Problem to solve: Show the lines of the material that contain the word "Every".

□ □ □ □

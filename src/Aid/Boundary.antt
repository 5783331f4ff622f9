-- ===== src/Aid/Boundary.antt =====
-- The only exception of parsing an AID is `ValueError`, and decoding a signature field has none.
use aitp_verifier_py.Prelude.{Bool, true, false, ◌==◌, Option, none, some, if◌then◌else◌, length}
use aitp_verifier_py.Text.{Text, Bytes, txt, strip_prefix}
use aitp_verifier_py.Json.{Value, str}
use aitp_verifier_py.Outcome.{
  Code, Result, raised, value_error, on_value_error, IsVerdict, refused, verdict_rules,
  IsVerdictUpTo, stray, up_to_rules, if-IsVerdictUpTo, returns, on_value_error-IsVerdict, err,
}
use aitp_verifier_py.Platform.{Platform}
use aitp_verifier_py.B64.Boundary.{b64url_decode-up_to, b64url_decode-IsVerdict}
use aitp_verifier_py.Crypto.{Alg, ed25519, p256, of_key, from_raw}
use aitp_verifier_py.Aid.{Aid, identifier_length, algorithm_of, parse_identifier, parse_aid}
use aitp_verifier_py.Sigfield.{
  same_alg, split_tag, raw_signature, decode_tagged_text, decode_tagged_signature,
}

module _ ⦃π : Platform⦄ where
  pub of_key-up_to : (a : Alg) (k : Option π.Key) → IsVerdictUpTo value_error (of_key a k)
  unfolding of_key
  of_key-up_to a none = stray
  of_key-up_to a (some k) = returns _

  pub from_raw-up_to : (a : Alg) (raw : Bytes) → IsVerdictUpTo value_error (from_raw a raw)
  unfolding from_raw
  from_raw-up_to ed25519 raw =
      if-IsVerdictUpTo value_error (length raw == 32) (of_key-up_to ed25519 (π.ed25519_key raw))
        stray
  from_raw-up_to p256 raw =
      if-IsVerdictUpTo value_error (length raw == 33) (of_key-up_to p256 (π.p256_key raw)) stray

  parse_identifier-up_to :
      (aid : Text) (a : Alg) (ident : Text)
      → IsVerdictUpTo value_error (parse_identifier aid a ident)
  unfolding parse_identifier
  parse_identifier-up_to aid a ident =
      if-IsVerdictUpTo value_error (length ident == identifier_length a)
        (search (up_to_rules, b64url_decode-up_to, from_raw-up_to) depth 12) stray

  prefix_case :
      (aid : Text) (o : Option Text)
      → IsVerdictUpTo value_error (elim o as (λ _. Result Aid) [
        | none ↦ raised value_error
        | some rest ↦ let (alg, ident) = algorithm_of rest in parse_identifier aid alg ident
      ])
  prefix_case aid none = stray
  prefix_case aid (some rest) =
      parse_identifier-up_to aid (algorithm_of rest).0 (algorithm_of rest).1

  pub parse_aid-up_to : (aid : Text) → IsVerdictUpTo value_error (parse_aid aid)
  unfolding parse_aid
  parse_aid-up_to aid = prefix_case aid (strip_prefix (txt "aid:pubkey:") aid)

  pub parse_aid-IsVerdict : (c : Code) (aid : Text) → IsVerdict (on_value_error c (parse_aid aid))
  parse_aid-IsVerdict c aid = on_value_error-IsVerdict c (parse_aid-up_to aid)

raw_signature-IsVerdict : (body : Text) (c : Code) → IsVerdict (raw_signature body c)
unfolding raw_signature
raw_signature-IsVerdict body c = search (verdict_rules, b64url_decode-IsVerdict) depth 10

pub if-IsVerdict {ℓ} :
    {A : Type ℓ} (t : Bool) {r s : Result A}
    → IsVerdict r
    → IsVerdict s
    → IsVerdict (if t then r else s)
if-IsVerdict true p q = p
if-IsVerdict false p q = q

tag_case :
    (alg : Alg) (c : Code) (o : Option (Alg × Text))
    → IsVerdict (elim o as (λ _. Result Bytes) [
      | none ↦ err c
      | some (a, body) ↦ if same_alg a alg then raw_signature body c else err c
    ])
tag_case alg c none = refused c
tag_case alg c (some (a, body)) =
    if-IsVerdict (same_alg a alg) (raw_signature-IsVerdict body c) (refused c)

pub decode_tagged_signature-IsVerdict :
    (v : Value) (alg : Alg) (c : Code) → IsVerdict (decode_tagged_signature v alg c)
unfolding decode_tagged_signature decode_tagged_text
decode_tagged_signature-IsVerdict (str sig) alg c = tag_case alg c (split_tag sig)
decode_tagged_signature-IsVerdict _ alg c = refused c
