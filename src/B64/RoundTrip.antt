-- ===== src/B64/RoundTrip.antt =====
-- Encoding and decoding undo one another as far as they do, and where decoding forgets.
use aitp_verifier_py.Prelude.{ℕ, ◌/◌, ◌<◌, ◌≡◌, refl, some, List, [], ◌∷◌, arith, All}
use aitp_verifier_py.Text.{Bytes}
use aitp_verifier_py.Outcome.{ok}
use aitp_verifier_py.B64.{
  sextet, character, sextets, ungroup, group, characters, b64url_decode, b64url_encode,
}

abbrev pub IsBytes : Bytes → Type 0
IsBytes = All (λ b. b < 256)

sextet-character : (s : ℕ) → s < 64 → sextet (character s) ≡ some s
unfolding sextet character
sextet-character s h = ground arith

sextets-characters : (ss : List ℕ) → All (λ s. s < 64) ss → sextets (characters ss) ≡ some ss
unfolding sextets characters
sextets-characters [] h = refl
sextets-characters (s ∷ ss) h = rw (sextet-character s h.0, sextets-characters ss h.1, sextets)

group-lt : (bs : Bytes) → IsBytes bs → All (λ s. s < 64) (group bs)
unfolding group
group-lt [] h = tt
group-lt (x ∷ []) h = omega arith
group-lt (x ∷ y ∷ []) h = omega arith
group-lt (x ∷ y ∷ z ∷ rest) h =
    (omega arith, (omega arith, (omega arith, (omega arith, group-lt rest h.1.1.1))))

ungroup-group : (bs : Bytes) → IsBytes bs → ungroup (group bs) ≡ some bs
unfolding ungroup group
ungroup-group [] h = refl
ungroup-group (x ∷ []) h = ground arith
ungroup-group (x ∷ y ∷ []) h = ground arith
ungroup-group (x ∷ y ∷ z ∷ rest) h = rw (ungroup-group rest h.1.1.1) (ground arith)

-- Every byte string survives encoding and decoding.
pub b64url_decode-b64url_encode :
    (bs : Bytes) → IsBytes bs → b64url_decode (b64url_encode bs) ≡ ok bs
unfolding b64url_decode b64url_encode
b64url_decode-b64url_encode bs h =
    rw (sextets-characters (group bs) (group-lt bs h), ungroup-group bs h, b64url_decode)

-- Decoding does not read the low four bits of a second-to-last character, so a text has others that
-- decode to the same bytes.
pub ungroup_forgets : (a b c : ℕ) → b / 16 ≡ c / 16 → ungroup (a ∷ b ∷ []) ≡ ungroup (a ∷ c ∷ [])
unfolding ungroup
ungroup_forgets a b c h = ground arith
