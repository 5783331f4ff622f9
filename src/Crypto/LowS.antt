-- ===== src/Crypto/LowS.antt =====
-- P-256 signatures have one wire form.
use aitp_verifier_py.Prelude.{
  ℕ, ◌-◌, ◌/◌, ◌<◌, ◌≤◌, ◌≡◌, ◌⊎◌, refl, Bool, true, false, arith, length, take, drop, inl, inr,
}
use aitp_verifier_py.Text.{Bytes, from_bytes}
use aitp_verifier_py.Outcome.{Result, ok, err, raised}
use aitp_verifier_py.Platform.{Platform}
use aitp_verifier_py.Crypto.{
  p256_n, p256, PublicKey, verify_der, p256_raw_to_der, verify_digest, verify_jose,
}

abbrev pub r_of : Bytes → ℕ
r_of sig = from_bytes 0 (take 32 sig)

abbrev pub s_of : Bytes → ℕ
s_of sig = from_bytes 0 (drop 32 sig)

-- What AITP's own signatures have to be: 64 bytes, both numbers in range, and S in the lower half.
pub record IsLowS (sig : Bytes) : Type 0 where
  pub size : length sig ≡ 64
  pub r_pos : 0 < r_of sig
  pub r_lt : r_of sig < p256_n
  pub s_pos : 0 < s_of sig
  pub s_low : s_of sig ≤ p256_n / 2

-- The other S of a low-S signature is in the upper half.
high_twin : (sig twin : Bytes) → IsLowS sig → s_of twin ≡ p256_n - s_of sig → ¬ (IsLowS twin)
high_twin sig twin low e high = let a = low.s_low in let b = high.s_low in absurd (omega arith)

not_true : (b : Bool) → ¬ (b ≡ true) → b ≡ false
not_true true h = absurd (h refl)
not_true false h = refl

module _ ⦃π : Platform⦄ where
  pub p256_raw_to_der-IsLowS : (sig der : Bytes) → p256_raw_to_der sig false ≡ ok der → IsLowS sig
  unfolding p256_raw_to_der
  p256_raw_to_der-IsLowS sig der h = record {
    size = ground arith;
    r_pos = ground arith;
    r_lt = ground arith;
    s_pos = ground arith;
    s_low = ground arith;
  }

  pub p256_raw_to_der-eq_of_IsLowS :
      (sig : Bytes)
      → IsLowS sig
      → p256_raw_to_der sig false ≡ ok (π.encode_dss_signature (r_of sig) (s_of sig))
  unfolding p256_raw_to_der
  p256_raw_to_der-eq_of_IsLowS sig h = ground arith

  accepted_der :
      (verify : Bytes → Bool) (sig : Bytes) (r : Result Bytes)
      → p256_raw_to_der sig false ≡ r
      → verify_der verify r ≡ true
      → IsLowS sig
  unfolding verify_der
  accepted_der verify sig (ok der) e h = p256_raw_to_der-IsLowS sig der e
  accepted_der verify sig (err c) e h = cc
  accepted_der verify sig (raised x) e h = cc

  module _ (k : PublicKey) (message sig : Bytes) (is_p256 : k.alg ≡ p256) where
    pub verify_digest-IsLowS : verify_digest k message sig ≡ true → IsLowS sig
    verify_digest-IsLowS h =
        accepted_der (λ der. π.ecdsa_verify_prehashed k.key der message) sig
          (p256_raw_to_der sig false) refl (unfold verify_digest in ground arith)

    pub verify_jose-IsLowS : verify_jose k message sig ≡ true → IsLowS sig
    verify_jose-IsLowS h =
        accepted_der (λ der. π.ecdsa_verify k.key der message) sig (p256_raw_to_der sig false) refl
          (unfold verify_jose in ground arith)

  -- Whatever the P-256 primitives answer: if a signature verifies in either profile, then the same
  -- signature with S replaced by n - S verifies in neither, over any data.
  pub verify-no_twin :
      (k : PublicKey) (data1 data2 sig twin : Bytes)
      → k.alg ≡ p256
      → (verify_digest k data1 sig ≡ true) ⊎ (verify_jose k data1 sig ≡ true)
      → s_of twin ≡ p256_n - s_of sig
      → (verify_digest k data2 twin ≡ false) × (verify_jose k data2 twin ≡ false)
  verify-no_twin k data1 data2 sig twin p v e =
      let low : IsLowS sig = elim v [
        | inl h ↦ verify_digest-IsLowS k data1 sig p h
        | inr h ↦ verify_jose-IsLowS k data1 sig p h
      ] in
      (
        not_true _ (λ h. high_twin sig twin low e (verify_digest-IsLowS k data2 twin p h)),
        not_true _ (λ h. high_twin sig twin low e (verify_jose-IsLowS k data2 twin p h)),
      )
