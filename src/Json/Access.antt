-- ===== src/Json/Access.antt =====
-- How the verifiers read members that a shape check has passed: `int(d[key])`, `d[key]` as a string,
-- and the loop over a list.
pub mod Laws
use aitp_verifier_py.Prelude.{Bool, true, false, Option, none, some, List}
use aitp_verifier_py.Prelude.Int.{ℤ, pos}
use aitp_verifier_py.Text.{Text}
use aitp_verifier_py.Json.{
  Value, null, bool, int, float, str, list, obj, Members, get, at, items, int_of_float, all_texts,
}
use aitp_verifier_py.Outcome.{Result, ok, raised, or_raise, type_error, value_error, ◌>>=◌}
use aitp_verifier_py.Platform.{Platform}

-- `for x in value`. Every loop of the verifiers runs over a member that was checked to be a list.
unfoldable pub iterate : Value → Result (List Value)
iterate (list l) = ok (items l)
iterate _ = raised type_error

unfoldable pub list_at : Text → Members → Result (List Value)
list_at k m = do v ← at k m; iterate v

-- A member that was checked to be a string, and one that was checked to be an object.
unfoldable pub as_text : Value → Result Text
as_text (str s) = ok s
as_text _ = raised type_error

unfoldable pub text_at : Text → Members → Result Text
text_at k m = do v ← at k m; as_text v

unfoldable pub as_members : Value → Result Members
as_members (obj d) = ok d
as_members _ = raised type_error

unfoldable pub members_at : Text → Members → Result Members
members_at k m = do v ← at k m; as_members v

-- `all(isinstance(x, str) for x in value)`
unfoldable pub are_texts : List Value → Bool
are_texts l = elim (all_texts l) [ none ↦ false | some ss ↦ true ]

-- A member that was checked to be an array of strings.
unfoldable pub texts_at : Text → Members → Result (List Text)
texts_at k m = do l ← list_at k m; or_raise type_error (all_texts l)

module _ ⦃π : Platform⦄ where
  -- `int(value)`
  unfoldable pub to_int : Value → Result ℤ
  to_int null = raised type_error
  to_int (bool true) = ok (pos 1)
  to_int (bool false) = ok (pos 0)
  to_int (int n) = ok n
  to_int (float f) = int_of_float f
  to_int (str s) = or_raise value_error (π.int_of_text s)
  to_int (list l) = raised type_error
  to_int (obj m) = raised type_error

  unfoldable pub int_at : Text → Members → Result ℤ
  int_at k m = do v ← at k m; to_int v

□ □ □ □

Answer to the exercise:
-- Every byte string survives encoding and decoding.
-- `for x in value`. Every loop of the verifiers runs over a member that was checked to be a list.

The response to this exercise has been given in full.